(SUPPLIED RECORDS)

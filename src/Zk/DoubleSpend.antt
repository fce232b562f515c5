-- ===== src/Zk/DoubleSpend.antt =====
-- What the nullifiers of the pool are good for, and what they are not: a spent nullifier stays
-- spent whatever happens next, and nothing ties a nullifier or a value to the note that is spent.
use zeno_final_code.Common.{subst, ℕ, true, false, ◌≡◌, refl, inl, inr, List, [], ◌∷◌, arith}
use zeno_final_code.Common.Results.{ok, err, Result-cases}
use zeno_final_code.Hash.{Hash32, Digests, bytes_eq_refl}
use zeno_final_code.Zk.{nullifier_already_spent, insert}
use zeno_final_code.Zk.Pool.{
  ShieldRequest, ShieldedTransferProof, UnshieldRequest, ShieldedPool, is_spent, shield, transfer,
  unshield,
}

-- A request to the pool, and the pool after it.
pub data Request : Type 0 where
  shielding : ShieldRequest → Request
  transferring : ShieldedTransferProof → Request
  unshielding : UnshieldRequest → Request

module _ (d : Digests) where
  abbrev pub serve : Request → ShieldedPool → ShieldedPool
  serve (shielding r) pool = (shield d r pool).1
  serve (transferring r) pool = (transfer d r pool).1
  serve (unshielding r) pool = (unshield d r pool).1

  abbrev pub serve_all : List Request → ShieldedPool → ShieldedPool
  serve_all [] pool = pool
  serve_all (r ∷ rs) pool = serve_all rs (serve r pool)

  is_spent-serve :
      (n : Hash32) (r : Request) (pool : ShieldedPool)
      → is_spent n pool ≡ true
      → is_spent n (serve r pool) ≡ true
  unfolding shield transfer unshield
  is_spent-serve n (shielding r) pool h = elim (Result-cases (insert d r.commitment pool.tree).0) [
    | inl (e, q) ↦ rw (q, serve) h
    | inr (i, q) ↦ rw (q, serve) h
  ]
  is_spent-serve n (transferring r) pool h = ground arith
  is_spent-serve n (unshielding r) pool h = ground arith

  is_spent-serve_all :
      (n : Hash32) (rs : List Request) (pool : ShieldedPool)
      → is_spent n pool ≡ true
      → is_spent n (serve_all rs pool) ≡ true
  is_spent-serve_all n [] pool h = h
  is_spent-serve_all n (r ∷ rs) pool h =
      is_spent-serve_all n rs (serve r pool) (is_spent-serve n r pool h)

  -- A successful request spends its nullifier.
  is_spent-transfer :
      (r : ShieldedTransferProof) (pool : ShieldedPool) (i : ℕ)
      → (transfer d r pool).0 ≡ ok i
      → is_spent r.nullifier (transfer d r pool).1 ≡ true
  unfolding transfer
  is_spent-transfer r pool i h = ground (arith, bytes_eq_refl r.nullifier)

  is_spent-unshield :
      (r : UnshieldRequest) (pool : ShieldedPool)
      → (unshield d r pool).0 ≡ ok tt
      → is_spent r.nullifier (unshield d r pool).1 ≡ true
  unfolding unshield
  is_spent-unshield r pool h = ground (arith, bytes_eq_refl r.nullifier)

  -- The nullifier of a request.
  abbrev pub Spends : Hash32 → Request → ShieldedPool → Type 0
  Spends n (shielding r) pool = ⊥
  Spends n (transferring r) pool = (r.nullifier ≡ n) × ((i : ℕ) × ((transfer d r pool).0 ≡ ok i))
  Spends n (unshielding r) pool = (r.nullifier ≡ n) × ((unshield d r pool).0 ≡ ok tt)

  abbrev pub IsRefused : Hash32 → Request → ShieldedPool → Type 0
  IsRefused n (shielding r) pool = Unit
  IsRefused n (transferring r) pool =
      r.nullifier ≡ n → transfer d r pool ≡ (err nullifier_already_spent, pool)
  IsRefused n (unshielding r) pool =
      r.nullifier ≡ n → unshield d r pool ≡ (err nullifier_already_spent, pool)

  spent-IsRefused :
      (n : Hash32) (r : Request) (pool : ShieldedPool) → is_spent n pool ≡ true → IsRefused n r pool
  unfolding transfer unshield
  spent-IsRefused n (shielding r) pool h = tt
  spent-IsRefused n (transferring r) pool h = λ e. rw (e, h) refl
  spent-IsRefused n (unshielding r) pool h = λ e. rw (e, h) refl

  Spends-is_spent :
      (n : Hash32) (r : Request) (pool : ShieldedPool)
      → Spends n r pool
      → is_spent n (serve r pool) ≡ true
  Spends-is_spent n (shielding r) pool h = absurd h
  Spends-is_spent n (transferring r) pool (e, (i, q)) =
      subst (λ m. is_spent m (transfer d r pool).1 ≡ true) e (is_spent-transfer r pool i q)
  Spends-is_spent n (unshielding r) pool (e, q) =
      subst (λ m. is_spent m (unshield d r pool).1 ≡ true) e (is_spent-unshield r pool q)

  -- A nullifier is spent at most once: after a transfer or an unshielding that succeeds, and any
  -- further requests, every transfer and every unshielding with its nullifier is refused as already
  -- spent and leaves the pool as it was.
  pub serve-IsRefused :
      (n : Hash32) (first : Request) (between : List Request) (again : Request)
      (pool : ShieldedPool)
      → Spends n first pool
      → IsRefused n again (serve_all between (serve first pool))
  serve-IsRefused n first between again pool h =
      spent-IsRefused n again _
        (is_spent-serve_all n between (serve first pool) (Spends-is_spent n first pool h))

  -- After an unshielding that succeeds, another one with the same Merkle proof succeeds, whatever
  -- its value, as long as its nullifier is not spent: neither the nullifier nor the value is compared
  -- with the note that the proof is about.
  pub unshield-unshield :
      (r s : UnshieldRequest) (pool : ShieldedPool)
      → (unshield d r pool).0 ≡ ok tt
      → s.merkle_proof ≡ r.merkle_proof
      → s.merkle_root ≡ r.merkle_root
      → is_spent s.nullifier (unshield d r pool).1 ≡ false
      → (unshield d s (unshield d r pool).1).0 ≡ ok tt
  unfolding unshield
  unshield-unshield r s pool h p q fresh = ground arith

(End SUPPLIED RECORDS)

WHAT THE TASK ASKS: Using the material above, tally each line where the word "that" appears. Reply with the total only.

EXERCISE OUTPUT: 4